## Activity
Return exactly the span of lines in the following data that opens with the line containing "-- The rows" and closes with the line containing "w.db ≡ record". Include nothing else.
Segment Start: Available records
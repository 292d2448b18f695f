-- ===== src/Repo/Appending.antt =====
-- The writes of internal/storage/sqlstore, by the rules of Repo/Versioned/Appends.
use contrato_core.Base.{
  ℕ, ◌≡◌, refl, String, Bool, true, false, Option, none, some, ◌&&◌, ◌==◌, not, select, arith,
  nat_eq, string_eq, int_eq, pair_eq,
}
use contrato_core.Storage.{
  Result, ok, err, PutOptions, ObjectPutOptions, ModelVersion, Node, Edge, Property, ContractRecord,
  Object,
}
use contrato_core.Storage.Server.{Db, World}
use contrato_core.Storage.Exec.{statement, answer}
use contrato_core.Repo.Versioned.{insert_row}
use contrato_core.Repo.Versioned.Appends.{
  Reads, Appends, Appends-insert_next, Appends-insert_first, write_rules,
}
use contrato_core.Repo.ModelVersions
use contrato_core.Repo.ModelVersions.{get_latest_enabled, pinned, create, first, next}
use contrato_core.Repo.Graph.{nodes, edges, first_node, next_node, next_edge, put_node, put_edge}
use contrato_core.Repo.Properties.{properties, next_property, put_property}
use contrato_core.Repo.Contracts.{contracts, first_contract, next_contract, append_contract}
use contrato_core.Repo.Objects.{objects, next_object, append_object, delete_by_node_id}

last : (a b c : Bool) → (a && (b && not c)) ≡ true → c ≡ false
last a b c h = ground arith

last_of_two : (a c : Bool) → (a && not c) ≡ true → c ≡ false
last_of_two a c h = ground arith

get_latest_enabled-Reads : (tenant_id : String) → Reads (get_latest_enabled tenant_id)
unfolding get_latest_enabled
get_latest_enabled-Reads tenant_id = search write_rules

pinned-Reads : (tenant_id model_id : String) (v : ℕ) → Reads (pinned tenant_id model_id v)
unfolding pinned
pinned-Reads tenant_id model_id v = search (write_rules, get_latest_enabled-Reads)

first-Appends :
    (mv : ModelVersion) → Appends ModelVersions.table (insert_row ModelVersions.table (first mv))
unfolding create
first-Appends mv =
    Appends-insert_first ModelVersions.table (first mv) (λ w. refl) (λ w h. last_of_two _ _ h)

next-Appends :
    (mv : ModelVersion) → Appends ModelVersions.table (insert_row ModelVersions.table (next mv))
unfolding create
next-Appends mv = Appends-insert_next ModelVersions.table (next mv) (λ w. refl)

pub create-Appends : (mv : ModelVersion) → Appends ModelVersions.table (create mv)
unfolding create
create-Appends mv = search (write_rules, first-Appends, next-Appends)

first_node-Appends : (n : Node) → Appends nodes (insert_row nodes (first_node n))
unfolding put_node
first_node-Appends n = Appends-insert_first nodes (first_node n) (λ w. refl) (λ w h. last _ _ _ h)

next_node-Appends : (n : Node) → Appends nodes (insert_row nodes (next_node n))
unfolding put_node
next_node-Appends n = Appends-insert_next nodes (next_node n) (λ w. refl)

pub put_node-Appends : (n : Node) (opts : PutOptions) → Appends nodes (put_node n opts)
unfolding put_node
put_node-Appends n opts =
    search (write_rules, pinned-Reads, first_node-Appends, next_node-Appends) depth 8

next_edge-Appends : (x : Edge) → Appends edges (insert_row edges (next_edge x))
unfolding put_edge
next_edge-Appends x = Appends-insert_next edges (next_edge x) (λ w. refl)

pub put_edge-Appends : (x : Edge) (opts : PutOptions) → Appends edges (put_edge x opts)
unfolding put_edge
put_edge-Appends x opts = search (write_rules, pinned-Reads, next_edge-Appends) depth 8

next_property-Appends :
    (p : Property) → Appends properties (insert_row properties (next_property p))
unfolding put_property
next_property-Appends p = Appends-insert_next properties (next_property p) (λ w. refl)

pub put_property-Appends :
    (p : Property) (opts : PutOptions) → Appends properties (put_property p opts)
unfolding put_property
put_property-Appends p opts = search (write_rules, pinned-Reads, next_property-Appends) depth 8

first_contract-Appends :
    (rec : ContractRecord) → Appends contracts (insert_row contracts (first_contract rec))
unfolding append_contract
first_contract-Appends rec =
    Appends-insert_first contracts (first_contract rec) (λ w. refl) (λ w h. last _ _ _ h)

next_contract-Appends :
    (rec : ContractRecord) → Appends contracts (insert_row contracts (next_contract rec))
unfolding append_contract
next_contract-Appends rec = Appends-insert_next contracts (next_contract rec) (λ w. refl)

pub append_contract-Appends :
    (rec : ContractRecord) (opts : PutOptions) → Appends contracts (append_contract rec opts)
unfolding append_contract
append_contract-Appends rec opts =
    search (write_rules, pinned-Reads, first_contract-Appends, next_contract-Appends) depth 9

module _ (etag_of : String → String) where
  next_object-Appends :
      (o : Object) (t : Option ℕ) → Appends objects (insert_row objects (next_object etag_of o t))
  unfolding append_object
  next_object-Appends o t = Appends-insert_next objects (next_object etag_of o t) (λ w. refl)

  pub append_object-Appends :
      (o : Object) (opts : ObjectPutOptions) → Appends objects (append_object etag_of o opts)
  unfolding append_object
  append_object-Appends o opts = search (write_rules, next_object-Appends) depth 9

-- The rows of one object are gone, and nothing else; or nothing is.
abbrev pub Removes : String → String → Db → Result (Unit {0}) × World → Type 0
Removes t n d (ok u, w) =
    w.db ≡ record d { objects = select (λ r. not (r.tenant_id == t && r.node_id == n)) d.objects }
Removes t n d (err x, w) = w.db ≡ d

delete_by_node_id-Removes : (t n : String) (w : World) → Removes t n w.db (delete_by_node_id t n w)
unfolding delete_by_node_id statement
delete_by_node_id-Removes t n w = go (w.server.refuses w.ran)
  where
    go :
        (refusal : Option String)
        → Removes t n w.db (
            answer w
              (ok (
                tt,
                record w.db {
                  objects = select (λ r. not (r.tenant_id == t && r.node_id == n)) w.db.objects;
                },
              ))
              refusal)
    go none = refl
    go (some x) = refl

-- `Create` of a model version, `PutNode`, `PutEdge` and the `Put` of a property, a contract and an
-- object are append-only: where the rows of every key are numbered 1, 2, …, a failure leaves the tables
-- as they are, and a success adds to one table a row that the constraints of the schema admit, with
-- the next version of its key, and changes nothing else. `DeleteByNodeID` removes, if it succeeds, all
-- rows of one object and changes nothing else, and if it fails, it changes nothing.
pub writes-Appends :
    (etag_of : String → String) (opts : PutOptions) (object_opts : ObjectPutOptions)
    → ((mv : ModelVersion) → Appends ModelVersions.table (create mv))
      × ((n : Node) → Appends nodes (put_node n opts))
      × ((x : Edge) → Appends edges (put_edge x opts))
      × ((p : Property) → Appends properties (put_property p opts))
      × ((rec : ContractRecord) → Appends contracts (append_contract rec opts))
      × ((o : Object) → Appends objects (append_object etag_of o object_opts))
      × ((t n : String) (w : World) → Removes t n w.db (delete_by_node_id t n w))
writes-Appends etag_of opts object_opts = (
  create-Appends,
  λ n. put_node-Appends n opts,
  λ x. put_edge-Appends x opts,
  λ p. put_property-Appends p opts,
  λ rec. append_contract-Appends rec opts,
  λ o. append_object-Appends etag_of o object_opts,
  delete_by_node_id-Removes,
)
Segment End: Available records
## Problem solution
-- The rows of one object are gone, and nothing else; or nothing is.
abbrev pub Removes : String → String → Db → Result (Unit {0}) × World → Type 0
Removes t n d (ok u, w) =
    w.db ≡ record d { objects = select (λ r. not (r.tenant_id == t && r.node_id == n)) d.objects }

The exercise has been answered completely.